Liquid fermented fertilizer may face challenges in effectively overcoming the inhibitory effects of salinity stress on emergence parameters due to various factors. The composition of liquid organic fertilizer, particularly in terms of nutrient content, may not always be optimized to counteract the specific effects of salinity stress. Although the fermentation process can enhance the nutrient content of the fertilizer, levels of key nutrients such as phosphorus and calcium may not be sufficient to effectively mitigate the inhibitory effects of salinity on seed germination and plant growth (Adharani et al. 2023).

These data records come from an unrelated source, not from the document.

-- ===== src/Connection/Security/Io.antt =====
-- The log lines, submissions and first steps of src/smtp_connection.c stay where they are allowed.
use smtpc_cli.Connection.State.{
  ConnState, connecting, wait_banner, sending_ehlo, wait_ehlo, sending_starttls,
  wait_starttls_reply, tls_handshaking, ready, error, timed_out, TlsMode, mode_none, opportunistic,
  explicit, implicit, LogEvent, log_tls_begin, log_tls_fail, Detail, literal, logged, TlsStep,
  Platform, World, Run, done, aborted, Holds, ◌>>=◌, contains_cr_or_lf,
}
use smtpc_cli.Connection.Io.{
  detail_is_bad, set_state, add_event, emit, fail_with, or_error, submit_read_bytes,
  write_encrypted, submit_write_bytes, first_step, start_engine, begin_tls_handshake,
}
use smtpc_cli.Connection.Security.{failed, allowed, has_engine, shaking, IsAllowed}
use smtpc_cli.Common.{
  arith, ℕ, Bool, true, false, ◌||◌, Bytes, ◌≡◌, refl, some, none, if◌then◌else◌,
}
use Prim.Native.String.{String}

-- Whatever may be where it is may fail.
pub allowed_may_fail :
    (mode : TlsMode) (s : ConnState) (engine finished : Bool)
    → allowed mode s engine finished ≡ true
    → failed mode engine ≡ true
allowed_may_fail mode_none connecting engine finished h = h
allowed_may_fail mode_none wait_banner engine finished h = h
allowed_may_fail mode_none sending_ehlo engine finished h = h
allowed_may_fail mode_none wait_ehlo engine finished h = h
allowed_may_fail mode_none sending_starttls engine finished h = ground arith
allowed_may_fail mode_none wait_starttls_reply engine finished h = ground arith
allowed_may_fail mode_none tls_handshaking engine finished h = ground arith
allowed_may_fail mode_none ready engine finished h = h
allowed_may_fail mode_none error engine finished h = h
allowed_may_fail mode_none timed_out engine finished h = h
allowed_may_fail opportunistic s engine finished h = refl
allowed_may_fail explicit s engine finished h = refl
allowed_may_fail implicit s engine finished h = refl

pub shaking_may_fail :
    (mode : TlsMode) → shaking mode true ≡ true → (engine : Bool) → failed mode engine ≡ true
shaking_may_fail mode_none h engine = ground arith
shaking_may_fail opportunistic h engine = refl
shaking_may_fail explicit h engine = refl
shaking_may_fail implicit h engine = refl

module _ {E : Type 0} where
  pub or_error-IsAllowed :
      (w : World E) (answer : Bool) → IsAllowed w → IsAllowed (or_error (w, answer))
  or_error-IsAllowed w true h = h
  or_error-IsAllowed w false h = allowed_may_fail w.conn.tls_mode w.conn.state _ _ h

  held :
      (bad : Bool) (r : Run E) (f : World E → Run E) (P : World E → Type 0)
      → Holds (r >>= f) P
      → Holds ((if bad then aborted else r) >>= f) P
  held true r f P h = tt
  held false r f P h = h

  -- A log line either ends the process or is the only change.
  pub after_emit :
      (e : LogEvent) (d : Detail) (w : World E) (f : World E → Run E) (P : World E → Type 0)
      → Holds (f (add_event (logged e d) w)) P
      → Holds (emit e d w >>= f) P
  unfolding emit
  after_emit e d w f P h =
      held (contains_cr_or_lf w.conn.actor || detail_is_bad d) (done (add_event (logged e d) w)) f P
        h

  abbrev pub MayFail : World E → Type 0
  MayFail w = failed w.conn.tls_mode (has_engine w.conn.tls) ≡ true

  pub fail_with-IsAllowed :
      (e : LogEvent) (message : String) (w : World E)
      → MayFail w
      → Holds (fail_with e message w) IsAllowed
  unfolding fail_with
  fail_with-IsAllowed e message w h =
      after_emit e (literal message) w (λ w'. done (set_state error w')) IsAllowed h

module _ (p : Platform) where
  open p use {Engine, create, handshake, encrypt, accepts}

  pub submit_read_bytes-IsAllowed :
      (w : World Engine) → IsAllowed w → IsAllowed (or_error (submit_read_bytes p w))
  unfolding submit_read_bytes
  submit_read_bytes-IsAllowed w h = ground arith

  write_encrypted-IsAllowed :
      (step : TlsStep Engine) (w : World Engine) (engine : Engine)
      → w.conn.tls ≡ some engine
      → IsAllowed w
      → IsAllowed (or_error (write_encrypted p step w))
  write_encrypted-IsAllowed step w engine e h = ground arith

  pub submit_write_bytes-IsAllowed :
      (bytes : Bytes) (w : World Engine)
      → IsAllowed w
      → IsAllowed (or_error (submit_write_bytes p bytes w))
  unfolding submit_write_bytes
  submit_write_bytes-IsAllowed bytes w h = ground arith

  -- What a handshake may start from.
  abbrev pub MayShake : World Engine → Type 0
  MayShake w = shaking w.conn.tls_mode true ≡ true

  first_step-IsAllowed :
      (step : TlsStep Engine) (w : World Engine)
      → MayShake w
      → w.conn.state ≡ tls_handshaking
      → Holds (first_step p step w) IsAllowed
  unfolding first_step
  first_step-IsAllowed step w h s =
      let f =
        fail_with-IsAllowed log_tls_fail "TLS handshake failed to start"
          (record w { conn = record (w.conn) { tls = some step.engine } })
          (shaking_may_fail w.conn.tls_mode h true) in
      ground arith

  start_engine-IsAllowed :
      (engine : Engine) (now_ms : ℕ) (detail : String) (w : World Engine)
      → MayShake w
      → Holds (start_engine p engine now_ms detail w) IsAllowed
  unfolding start_engine
  start_engine-IsAllowed engine now_ms detail w h =
      after_emit log_tls_begin (literal detail) w _ IsAllowed (first_step-IsAllowed _ _ h refl)

  pub begin_tls_handshake-IsAllowed :
      (now_ms : ℕ) (detail : String) (w : World Engine)
      → MayShake w
      → Holds (begin_tls_handshake p now_ms detail w) IsAllowed
  unfolding begin_tls_handshake
  begin_tls_handshake-IsAllowed now_ms detail w h =
      let f =
        fail_with-IsAllowed log_tls_fail "failed to create the TLS engine"
          (record w { conn = record (w.conn) { tls = none } })
          (shaking_may_fail w.conn.tls_mode h false) in
      elim (create w.conn.actor w.conn.trust)
        as (λ made.
          Holds
            (elim made [
              | none ↦
                  fail_with log_tls_fail "failed to create the TLS engine"
                    (record w { conn = record (w.conn) { tls = none } })
              | some engine ↦
                  start_engine p engine now_ms detail
                    (record w { conn = record (w.conn) { tls = some engine } })
            ])
            IsAllowed) [ none ↦ f | some engine ↦ start_engine-IsAllowed engine now_ms detail _ h ]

Additionally, salinity stress can inhibit nutrient absorption and physiological processes, such as chlorophyll production, posing challenges for liquid fermented fertilizer to support plant growth effectively under saline conditions. Salinity-induced reductions in chlorophyll and other essential compounds may limit the ability of the fertilizer to promote emergence parameters in plants exposed to high salt levels (Shah et al. 2017). Furthermore, high salinity levels in the soil can create unfavorable conditions for microbial activity and nutrient availability, potentially affecting the fermentation process and the quality of the liquid organic fertilizer produced. The salinization and acidification of the soil due to high salinity levels can limit the effectiveness of the fertilizer in promoting plant growth under saline conditions (Zhou et al. 2018).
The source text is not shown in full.